_RECORDS FOR THIS TASK_:
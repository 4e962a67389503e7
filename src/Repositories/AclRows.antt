-- ===== src/Repositories/AclRows.antt =====
-- SqlAclRepository and SqlUserRepository of control_node/repositories/sql.py: users, groups, and
-- the grants on directories. An id that the code draws at random is an argument.
use dfsha_telematica.Prelude.{
  String, Bool, true, false, not, ◌&&◌, Option, List, [], ◌∷◌, ◌++◌, map, leb, keep, find_first,
  any_of, update_where, sorted, ◌==◌, Eq, string_eq, nat_eq, list_eq, ◌≡◌, ◌↔◌, arith,
  if◌then◌else◌,
}
use dfsha_telematica.FilePath.{Text}
use dfsha_telematica.Acl.{AclEntry, PrincipalType, user, group, mem}
use dfsha_telematica.Entities.{User}
use dfsha_telematica.Rows.{Group, AclRow}
use dfsha_telematica.Session.{Exec, gets, modify, state}
use dfsha_telematica.Database.{Database}

abbrev pub principal_type_beq : PrincipalType → PrincipalType → Bool
principal_type_beq user user = true
principal_type_beq group group = true
principal_type_beq _ _ = false

pub principal_type_beq_iff : (a b : PrincipalType) → (principal_type_beq a b ≡ true) ↔ (a ≡ b)
principal_type_beq_iff a b = ground arith

instance abbrev pub principal_type_eq : Eq PrincipalType
principal_type_eq = record { test = principal_type_beq; test_iff = principal_type_beq_iff }

abbrev pub get_user : String → Exec Database (Option User)
get_user user_id = gets (λ db. find_first (λ (u : User). u.id == user_id) db.users)

abbrev pub get_by_username : Text → Exec Database (Option User)
get_by_username username = gets (λ db. find_first (λ (u : User). u.username == username) db.users)

abbrev pub create_group : String → Text → String → Exec Database (Unit {0})
create_group group_id name owner_id = modify (λ db. record db {
  groups = db.groups ++ record { id = group_id; name = name; owner_id = owner_id } ∷ [];
})

abbrev pub find_group : String → Text → Exec Database (Option Group)
find_group owner_id name =
    gets (λ db. find_first (λ (g : Group). g.owner_id == owner_id && g.name == name) db.groups)

abbrev pub is_membership : String → String → String × String → Bool
is_membership group_id user_id (g, u) = g == group_id && u == user_id

-- Adding a member twice is not an error.
abbrev pub add_member : String → String → Exec Database Bool
add_member group_id user_id = state λ db. (
  not (any_of (is_membership group_id user_id) db.group_members),
  record db {
    group_members =
        if any_of (is_membership group_id user_id) db.group_members
        then db.group_members
        else db.group_members ++ (group_id, user_id) ∷ [];
  },
)

abbrev pub remove_member : String → String → Exec Database Bool
remove_member group_id user_id = state λ db. (
  any_of (is_membership group_id user_id) db.group_members,
  record db { group_members = keep (λ m. not (is_membership group_id user_id m)) db.group_members },
)

abbrev pub groups_with : String → List (String × String) → List String
groups_with user_id rows =
    map (λ (m : String × String). m.0) (keep (λ (m : String × String). m.1 == user_id) rows)

abbrev pub groups_of : String → Exec Database (List String)
groups_of user_id = gets (λ db. groups_with user_id db.group_members)

abbrev pub is_grant : String → PrincipalType → String → AclRow → Bool
is_grant directory_id principal_type principal_id r =
    r.directory_id == directory_id
    && r.principal_type == principal_type
    && r.principal_id == principal_id

-- Granting again changes the grant that is there.
abbrev pub granted : AclRow → List AclRow → List AclRow
granted row rows =
    if any_of (is_grant row.directory_id row.principal_type row.principal_id) rows
    then update_where (is_grant row.directory_id row.principal_type row.principal_id) (λ r. row)
        rows
    else rows ++ row ∷ []

abbrev pub grant : AclRow → Exec Database (Unit {0})
grant row = modify (λ db. record db { acl_entries = granted row db.acl_entries })

abbrev pub revoke : String → PrincipalType → String → Exec Database Bool
revoke directory_id principal_type principal_id = state λ db. (
  any_of (is_grant directory_id principal_type principal_id) db.acl_entries,
  record db {
    acl_entries =
        keep (λ r. not (is_grant directory_id principal_type principal_id r)) db.acl_entries;
  },
)

abbrev pub entry_of : AclRow → AclEntry
entry_of r = record {
  directory_id = r.directory_id;
  principal_type = r.principal_type;
  principal_id = r.principal_id;
  permission = r.permission;
}

-- `WHERE directory_id IN (...)`
abbrev pub rows_for : List String → List AclRow → List AclRow
rows_for directory_ids rows = keep (λ (r : AclRow). mem r.directory_id directory_ids) rows

-- The dict that `entries_for` builds of those rows.
abbrev pub grouped : List AclRow → String → List AclEntry
grouped rows directory_id =
    map entry_of (keep (λ (r : AclRow). r.directory_id == directory_id) rows)

abbrev pub entries_for : List String → Exec Database (List AclRow)
entries_for directory_ids = gets (λ db. rows_for directory_ids db.acl_entries)

abbrev pub reaches : PrincipalType → String → String → List String → Bool
reaches user principal_id user_id group_ids = principal_id == user_id
reaches group principal_id user_id group_ids = mem principal_id group_ids

abbrev pub shared_to : String → List String → AclRow → Bool
shared_to user_id group_ids r = reaches r.principal_type r.principal_id user_id group_ids

abbrev pub earlier : AclRow → AclRow → Bool
earlier r s = leb r.granted_at s.granted_at

abbrev pub shared_with : String → List String → Exec Database (List AclRow)
shared_with user_id group_ids =
    gets (λ db. sorted earlier (keep (shared_to user_id group_ids) db.acl_entries))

_DIRECTIONS FOR THIS TASK_:
Provide an exact copy of all the material.

_YOUR SOLUTION_:
repository 4e962a67389503e7
filename src/Repositories/AclRows.antt
-- ===== src/Repositories/AclRows.antt =====
-- SqlAclRepository and SqlUserRepository of control_node/repositories/sql.py: users, groups, and
-- the grants on directories. An id that the code draws at random is an argument.
use dfsha_telematica.Prelude.{
  String, Bool, true, false, not, ◌&&◌, Option, List, [], ◌∷◌, ◌++◌, map, leb, keep, find_first,
  any_of, update_where, sorted, ◌==◌, Eq, string_eq, nat_eq, list_eq, ◌≡◌, ◌↔◌, arith,
  if◌then◌else◌,
}
use dfsha_telematica.FilePath.{Text}
use dfsha_telematica.Acl.{AclEntry, PrincipalType, user, group, mem}
use dfsha_telematica.Entities.{User}
use dfsha_telematica.Rows.{Group, AclRow}
use dfsha_telematica.Session.{Exec, gets, modify, state}
use dfsha_telematica.Database.{Database}

abbrev pub principal_type_beq : PrincipalType → PrincipalType → Bool
principal_type_beq user user = true
principal_type_beq group group = true
principal_type_beq _ _ = false

pub principal_type_beq_iff : (a b : PrincipalType) → (principal_type_beq a b ≡ true) ↔ (a ≡ b)
principal_type_beq_iff a b = ground arith

instance abbrev pub principal_type_eq : Eq PrincipalType
principal_type_eq = record { test = principal_type_beq; test_iff = principal_type_beq_iff }

abbrev pub get_user : String → Exec Database (Option User)
get_user user_id = gets (λ db. find_first (λ (u : User). u.id == user_id) db.users)

abbrev pub get_by_username : Text → Exec Database (Option User)
get_by_username username = gets (λ db. find_first (λ (u : User). u.username == username) db.users)

abbrev pub create_group : String → Text → String → Exec Database (Unit {0})
create_group group_id name owner_id = modify (λ db. record db {
  groups = db.groups ++ record { id = group_id; name = name; owner_id = owner_id } ∷ [];
})

abbrev pub find_group : String → Text → Exec Database (Option Group)
find_group owner_id name =
    gets (λ db. find_first (λ (g : Group). g.owner_id == owner_id && g.name == name) db.groups)

abbrev pub is_membership : String → String → String × String → Bool
is_membership group_id user_id (g, u) = g == group_id && u == user_id

-- Adding a member twice is not an error.
abbrev pub add_member : String → String → Exec Database Bool
add_member group_id user_id = state λ db. (
  not (any_of (is_membership group_id user_id) db.group_members),
  record db {
    group_members =
        if any_of (is_membership group_id user_id) db.group_members
        then db.group_members
        else db.group_members ++ (group_id, user_id) ∷ [];
  },
)

abbrev pub remove_member : String → String → Exec Database Bool
remove_member group_id user_id = state λ db. (
  any_of (is_membership group_id user_id) db.group_members,
  record db { group_members = keep (λ m. not (is_membership group_id user_id m)) db.group_members },
)

abbrev pub groups_with : String → List (String × String) → List String
groups_with user_id rows =
    map (λ (m : String × String). m.0) (keep (λ (m : String × String). m.1 == user_id) rows)

abbrev pub groups_of : String → Exec Database (List String)
groups_of user_id = gets (λ db. groups_with user_id db.group_members)

abbrev pub is_grant : String → PrincipalType → String → AclRow → Bool
is_grant directory_id principal_type principal_id r =
    r.directory_id == directory_id
    && r.principal_type == principal_type
    && r.principal_id == principal_id

-- Granting again changes the grant that is there.
abbrev pub granted : AclRow → List AclRow → List AclRow
granted row rows =
    if any_of (is_grant row.directory_id row.principal_type row.principal_id) rows
    then update_where (is_grant row.directory_id row.principal_type row.principal_id) (λ r. row)
        rows
    else rows ++ row ∷ []

abbrev pub grant : AclRow → Exec Database (Unit {0})
grant row = modify (λ db. record db { acl_entries = granted row db.acl_entries })

abbrev pub revoke : String → PrincipalType → String → Exec Database Bool
revoke directory_id principal_type principal_id = state λ db. (
  any_of (is_grant directory_id principal_type principal_id) db.acl_entries,
  record db {
    acl_entries =
        keep (λ r. not (is_grant directory_id principal_type principal_id r)) db.acl_entries;
  },
)

abbrev pub entry_of : AclRow → AclEntry
entry_of r = record {
  directory_id = r.directory_id;
  principal_type = r.principal_type;
  principal_id = r.principal_id;
  permission = r.permission;
}

-- `WHERE directory_id IN (...)`
abbrev pub rows_for : List String → List AclRow → List AclRow
rows_for directory_ids rows = keep (λ (r : AclRow). mem r.directory_id directory_ids) rows

-- The dict that `entries_for` builds of those rows.
abbrev pub grouped : List AclRow → String → List AclEntry
grouped rows directory_id =
    map entry_of (keep (λ (r : AclRow). r.directory_id == directory_id) rows)

abbrev pub entries_for : List String → Exec Database (List AclRow)
entries_for directory_ids = gets (λ db. rows_for directory_ids db.acl_entries)

abbrev pub reaches : PrincipalType → String → String → List String → Bool
reaches user principal_id user_id group_ids = principal_id == user_id
reaches group principal_id user_id group_ids = mem principal_id group_ids

abbrev pub shared_to : String → List String → AclRow → Bool
shared_to user_id group_ids r = reaches r.principal_type r.principal_id user_id group_ids

abbrev pub earlier : AclRow → AclRow → Bool
earlier r s = leb r.granted_at s.granted_at

abbrev pub shared_with : String → List String → Exec Database (List AclRow)
shared_with user_id group_ids =
    gets (λ db. sorted earlier (keep (shared_to user_id group_ids) db.acl_entries))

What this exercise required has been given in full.